3.3.2. Dynamic Weight

Utilizing the adversarial loss alone presents two challenges. On one hand, without strong bootstrapping for regions with a clear structure, the network can hardly reconstruct sharp edges. On the other hand, learning the scene from scratch leads to easy collapse and slow fitting, which puts a high demand on the discriminator’s fitting ability. The MSE color loss ${\mathcal{L}}_{MSE}$ is a better choice for structure reconstruction, and striking a balance between the two losses constitutes a key strategy. This paper introduces the concept of using the variance, as the output of ${\mathcal{G}}_{\beta }$, as a measure of 3D inconsistency, though it was used as a measure of the visibility in the first stage. When training with prior images, the color values corresponding to a spatial point differed on multiple images and, thus, might cause fitting failures. These points would make the numerator $\parallel \overline{C}{(r)-C(r)\parallel }^2$ of the first term in ${\mathcal{L}}_{rgb}$ (refer to Equation (9)) very large, compelling the model to magnify the denominator $\sqrt{2\pi {\beta }^2(r)}$, thereby increasing the variance.

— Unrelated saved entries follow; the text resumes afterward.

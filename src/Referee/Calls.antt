-- ===== src/Referee/Calls.antt =====
-- A sequence of calls on the referee, and how often a rule lets a decision pass in it.
use kry.Base.{ℕ, ◌+◌, Bool, true, false, ◌||◌, if◌then◌else◌, List, [], ◌∷◌}
use kry.Base.Texts.{Text, text_eq}
use kry.Double.{Double}
use kry.Referee.Rules.{
  rule_key, Referee, escalate_quarantine, ratify_ascension, is_sanctioned, revoke_ascension,
}

pub data Call : Type 0 where
  escalate_call : Text → Text → Double → Bool → Call
  ratify_call : Text → Text → Text → Double → Bool → Call
  use_call : Text → Text → Bool → Call
  revoke_call : Text → Text → Text → Bool → Bool → Call

-- The settings of the process: the probation cap, the operator's token, the escalation budget and window.
pub record Settings : Type 0 where
  pub cap : ℕ
  pub secret : Text
  pub budget : ℕ
  pub window : Double

abbrev pub as_pass : Bool → ℕ
as_pass true = 1
as_pass false = 0

module _ (g : Settings) (key : Text) where
  -- The passes of the rule in one call, and the state after it.
  unfoldable pub run_call : Call → Referee → ℕ × Referee
  unfolding escalate_quarantine ratify_ascension is_sanctioned revoke_ascension rule_key text_eq
  run_call (escalate_call c r now written) s =
      (0, (escalate_quarantine g.budget g.window c r now written s).1)
  run_call (ratify_call c r token now saved) s =
      (0, (ratify_ascension g.cap g.secret c r token now saved s).1)
  run_call (use_call c r saved) s =
      let (pass, f) = is_sanctioned c r saved s.sanctioned in
      (if text_eq (rule_key c r) key then as_pass pass else 0, record s { sanctioned = f })
  run_call (revoke_call c r token saved logged) s =
      (0, (revoke_ascension g.secret c r token saved logged s).1)

  unfoldable pub passes : List Call → Referee → ℕ
  unfolding run_call
  passes [] s = 0
  passes (c ∷ cs) s = let (n, s') = run_call c s in n + passes cs s'

  unfoldable pub ratifies : Call → Bool
  unfolding rule_key text_eq
  ratifies (ratify_call c r token now saved) = text_eq (rule_key c r) key
  ratifies (escalate_call c r now written) = false
  ratifies (use_call c r saved) = false
  ratifies (revoke_call c r token saved logged) = false

  unfoldable pub any_ratifies : List Call → Bool
  unfolding ratifies
  any_ratifies [] = false
  any_ratifies (c ∷ cs) = ratifies c || any_ratifies cs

Our training strategy was to use the inpainted depth maps as the geometry supervision to train the geometry branch ${\mathcal{G}}_{\sigma }$:

$${\mathcal{L}}_{depth}=\sum _{r\in \mathcal{R}}{\parallel \widehat{D}(r)-D_{inp}(r)\parallel }^2,$$

(18)

where $\widehat{D}$ is the predicted depth value. L2 loss was calculated as the depth loss.

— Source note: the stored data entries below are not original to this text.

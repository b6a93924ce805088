-- ===== src/Concurrent/Ordered.antt =====
-- Calls that interleave end as calls that run one after another do, in the order in which they end.
use shadyurl.Common.{
  ℕ, zero, suc, ◌≡◌, refl, sym, ap, ◌∙◌, Bool, true, false, not, ◌&&◌, List, [], ◌∷◌, Bool-cases,
  inl, inr, c_str, All, ◌⊎◌,
}
use mathlib.Core.Path.{subst, ap₂}
use shadyurl.ServerState.{ServerState, get_config_db_path}
use shadyurl.Http.{Request}
use shadyurl.Handlers.{handle_request}
use shadyurl.Handlers.Effects.{Env}
use shadyurl.Concurrent.{
  Reply, reply_of, Call, waiting, inserting, selecting, done, begin, proceed, proceed_at, Turn,
  goes_on, interleave,
}
use shadyurl.Concurrent.Alone.{begin-Ends}
use shadyurl.Concurrent.Grows.{arrived}
use shadyurl.Concurrent.Stable.{IsStable, begin-stable}
use shadyurl.Concurrent.Serial.{is_done, done_at, serve, serve_at, one_by_one, endings}

-- Turns of which none meets a lock.
abbrev pub unlocked : List ℕ → List Turn
unlocked [] = []
unlocked (i ∷ turns) = goes_on i ∷ unlocked turns

module _ (env : Env) (state : ServerState) where
  -- A call on a thread, and the same call where it is served at its end: that has not begun before.
  data Ahead : Call env → Call env → Type 0 where
    fresh : (req : Request) (rng : env.random.State) → Ahead (waiting req rng) (waiting req rng)
    over : (r : Reply) → Ahead (done r) (done r)
    begun :
        (c : Call env) (req : Request) (rng : env.random.State) (db : env.sqlite.Db)
        → c ≡ begin env state req rng db
        → is_done c ≡ false
        → Ahead c (waiting req rng)

  abbrev ends : Call env → Call env → Bool
  ends c c' = not (is_done c) && is_done c'

  -- What one turn does to both: the call ends and is served, or it goes on.
  abbrev Turned : Call env → Call env → env.sqlite.Db → Call env × env.sqlite.Db → Type 0
  Turned c c2 db r =
      ((ends c r.0 ≡ true)
        × Ahead r.0 (serve env state c2 db).0
        × (r.1 ≡ (serve env state c2 db).1))
      ⊎ ((ends c r.0 ≡ false) × Ahead r.0 c2 × (r.1 ≡ db))

  served-Ahead :
      (req : Request) (rng : env.random.State) (db : env.sqlite.Db)
      → Ahead (serve env state (waiting req rng) db).0 (serve env state (waiting req rng) db).0
  served-Ahead req rng db =
      over (reply_of (handle_request env state req (record { db = db; rng = rng })))

  proceed_done :
      (c : Call env) (db : env.sqlite.Db) → is_done c ≡ true → proceed env state c db ≡ (c, db)
  unfolding proceed
  proceed_done (waiting req rng) db h = cc
  proceed_done (inserting req rng u token handle) db h = cc
  proceed_done (selecting req) db h = cc
  proceed_done (done r) db h = refl

  served-Turned :
      (c : Call env) (req : Request) (rng : env.random.State) (db : env.sqlite.Db)
      (r : Call env × env.sqlite.Db)
      → is_done c ≡ false
      → r ≡ serve env state (waiting req rng) db
      → Turned c (waiting req rng) db r
  served-Turned c req rng db r h e =
      subst (Turned c (waiting req rng) db) (sym e) (inl (rw h refl, served-Ahead req rng db, refl))

  begin-Turned :
      (req : Request) (rng : env.random.State) (db : env.sqlite.Db)
      → Turned (waiting req rng) (waiting req rng) db (begin env state req rng db, db)
  begin-Turned req rng db = elim (Bool-cases (is_done (begin env state req rng db))) [
    | inl e ↦
        served-Turned (waiting req rng) req rng db (begin env state req rng db, db) refl
          (sym (proceed_done (begin env state req rng db) db e)
            ∙ begin-Ends env state req (record { db = db; rng = rng }))
    | inr e ↦ inr (e, begun (begin env state req rng db) req rng db refl e, refl)
  ]

  module _ (stable : IsStable env.sqlite (c_str (get_config_db_path state))) where
    proceed-Turned :
        {c c2 : Call env}
        → Ahead c c2
        → (db : env.sqlite.Db) → Turned c c2 db (proceed env state c db)
    proceed-Turned (fresh req rng) db = unfold proceed in begin-Turned req rng db
    proceed-Turned (over r) db = unfold proceed in inr (refl, over r, refl)
    proceed-Turned (begun c req rng db0 e h) db =
        served-Turned c req rng db (proceed env state c db) h (
          ap (λ x. proceed env state x db) (e ∙ begin-stable env state stable req rng db0 db)
          ∙ begin-Ends env state req (record { db = db; rng = rng }))

    -- The same of every call of a list.
    abbrev AllAhead : List (Call env) → List (Call env) → Type 0
    AllAhead [] [] = Unit
    AllAhead [] (c2 ∷ cs2) = ⊥
    AllAhead (c ∷ cs) [] = ⊥
    AllAhead (c ∷ cs) (c2 ∷ cs2) = Ahead c c2 × AllAhead cs cs2

    abbrev ended_at : ℕ → List (Call env) → List (Call env) → Bool
    ended_at i cs cs' = not (done_at i cs) && done_at i cs'

    abbrev AllTurned :
        ℕ
        → List (Call env)
        → List (Call env)
        → env.sqlite.Db
        → List (Call env) × env.sqlite.Db
        → Type 0
    AllTurned i cs cs2 db r =
        ((ended_at i cs r.0 ≡ true)
          × AllAhead r.0 (serve_at env state i cs2 db).0
          × (r.1 ≡ (serve_at env state i cs2 db).1))
        ⊎ ((ended_at i cs r.0 ≡ false) × AllAhead r.0 cs2 × (r.1 ≡ db))

    proceed_at-AllTurned :
        (i : ℕ) (cs cs2 : List (Call env)) (db : env.sqlite.Db)
        → AllAhead cs cs2
        → AllTurned i cs cs2 db (proceed_at env state i cs db)
    unfolding proceed_at serve_at
    proceed_at-AllTurned i [] [] db a = inr (refl, tt, refl)
    proceed_at-AllTurned i [] (c2 ∷ cs2) db a = absurd a
    proceed_at-AllTurned i (c ∷ cs) [] db a = absurd a
    proceed_at-AllTurned zero (c ∷ cs) (c2 ∷ cs2) db (h, a) = elim (proceed-Turned h db) [
      | inl (e, h', d) ↦ inl (e, (h', a), d)
      | inr (e, h', d) ↦ inr (e, (h', a), d)
    ]
    proceed_at-AllTurned (suc i) (c ∷ cs) (c2 ∷ cs2) db (h, a) =
        elim (proceed_at-AllTurned i cs cs2 db a) [
          | inl (e, a', d) ↦ inl (e, (h, a'), d)
          | inr (e, a', d) ↦ inr (e, (h, a'), d)
        ]

    -- Both lists behind all turns.
    interleave-AllAhead :
        (turns : List ℕ) (cs cs2 : List (Call env)) (db db2 : env.sqlite.Db)
        → AllAhead cs cs2
        → db ≡ db2
        → AllAhead
            (interleave env state (unlocked turns) cs db).0
            (one_by_one env state (endings env state turns cs db) cs2 db2).0
          × ((interleave env state (unlocked turns) cs db).1
              ≡ (one_by_one env state (endings env state turns cs db) cs2 db2).1)
    unfolding interleave one_by_one endings
    interleave-AllAhead [] cs cs2 db db2 a h = (a, h)
    interleave-AllAhead (i ∷ turns) cs cs2 db db2 a h =
        let cs' = (proceed_at env state i cs db).0 in
        let db' = (proceed_at env state i cs db).1 in
        elim (subst (λ x. AllTurned i cs cs2 x (proceed_at env state i cs db)) h
          (proceed_at-AllTurned i cs cs2 db a)) [
            | inl (e, a', d) ↦ rw e (
                interleave-AllAhead turns cs' (serve_at env state i cs2 db2).0 db'
                  (serve_at env state i cs2 db2).1 a' d)
            | inr (e, a', d) ↦ rw e (interleave-AllAhead turns cs' cs2 db' db2 a' d)
          ]

    Ahead-done : {c c2 : Call env} → Ahead c c2 → is_done c ≡ true → c ≡ c2
    Ahead-done (fresh req rng) h = cc
    Ahead-done (over r) h = refl
    Ahead-done (begun c req rng db e k) h = cc

    AllAhead-done :
        (cs cs2 : List (Call env)) → AllAhead cs cs2 → All (λ c. is_done c ≡ true) cs → cs ≡ cs2
    AllAhead-done [] [] a h = refl
    AllAhead-done [] (c2 ∷ cs2) a h = absurd a
    AllAhead-done (c ∷ cs) [] a h = absurd a
    AllAhead-done (c ∷ cs) (c2 ∷ cs2) a h =
        ap₂ ◌∷◌ (Ahead-done a.0 h.0) (AllAhead-done cs cs2 a.1 h.1)

    arrived-AllAhead :
        (reqs : List (Request × env.random.State))
        → AllAhead (arrived env state reqs) (arrived env state reqs)
    arrived-AllAhead [] = tt
    arrived-AllAhead ((req, rng) ∷ reqs) = (fresh req rng, arrived-AllAhead reqs)

    -- Where no call meets a lock, and opening, preparing and binding do not hang on the rows: however
    -- calls for any requests interleave until all are done, each has the response, and the database is,
    -- as if `handle_request` had been called for them one after another, in the order in which they
    -- ended.
    pub interleave-one_by_one :
        (turns : List ℕ) (reqs : List (Request × env.random.State)) (db : env.sqlite.Db)
        → All
            (λ c. is_done c ≡ true)
            (interleave env state (unlocked turns) (arrived env state reqs) db).0
        → interleave env state (unlocked turns) (arrived env state reqs) db
          ≡ one_by_one env state
              (endings env state turns (arrived env state reqs) db)
              (arrived env state reqs)
              db
    interleave-one_by_one turns reqs db h =
        let cs = arrived env state reqs in
        let (a, d) = interleave-AllAhead turns cs cs db db (arrived-AllAhead reqs) refl in
        let same = AllAhead-done (interleave env state (unlocked turns) cs db).0 _ a h in
        λ i. (same i, d i)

Furthermore, we combined the previously proposed ${\mathcal{L}}_{rgb}$ for ${\mathcal{G}}_c$ and ${\mathcal{G}}_{\beta }$ with ${\mathcal{L}}_{depth}$ only for ${\mathcal{G}}_{\sigma }$. This step is to obtain the repaired geometry while learning the 3D inconsistency information of the inpainted view.

Upon achieving network stability, we froze ${\mathcal{G}}_{\beta }$, ${\mathcal{G}}_{\sigma }$ while continuing to train ${\mathcal{G}}_c$. Given that the color of each pixel was modeled as a Gaussian distribution, confidence levels were employed to calculate the weights to balance the MSE color loss ${\mathcal{L}}_{MSE}$ (refer to Equation (3)) and the adversarial loss ${\mathcal{L}}_{adv}$:

$$\left\{\begin{array}{c}{\lambda }_{MSE}=\Phi \left(b/\sqrt{{\beta }^2(r)}\right)-\Phi \left(-b/\sqrt{{\beta }^2(r)}\right)\hfill \\ {\lambda }_{adv}=\lambda \frac{1}{\left|\mathcal{R}\right|}\sum _{r\in \mathcal{R}}(1-(\Phi \left(b/\sqrt{{\beta }^2(r)}\right)-\Phi \left(-b/\sqrt{{\beta }^2(r)}\right)))\hfill \end{array}\right.,$$

(19)

where $\lambda$ is a hyperparameter to adjust the strength of two loss functions to the same level, and $\Phi$ is the cumulative distribution function of the standard normal distribution, aiming to find the cumulative distribution probability of the input parameter under the standard normal distribution. In addition, b is a hyperparameter used as a given confidence bound to calculate the confidence of $\mathcal{N}(0,{\beta }^2(r))$ between the boundaries $(-b,b)$ using Gaussian distribution standardization. In the experiments, b was set to 0.001 for applicability to the majority of scenarios. It is worth noting that the weight of the MSE color loss was at the pixel level, whereas that of the adversarial loss was at the patch level, calculated as the mean within the patch.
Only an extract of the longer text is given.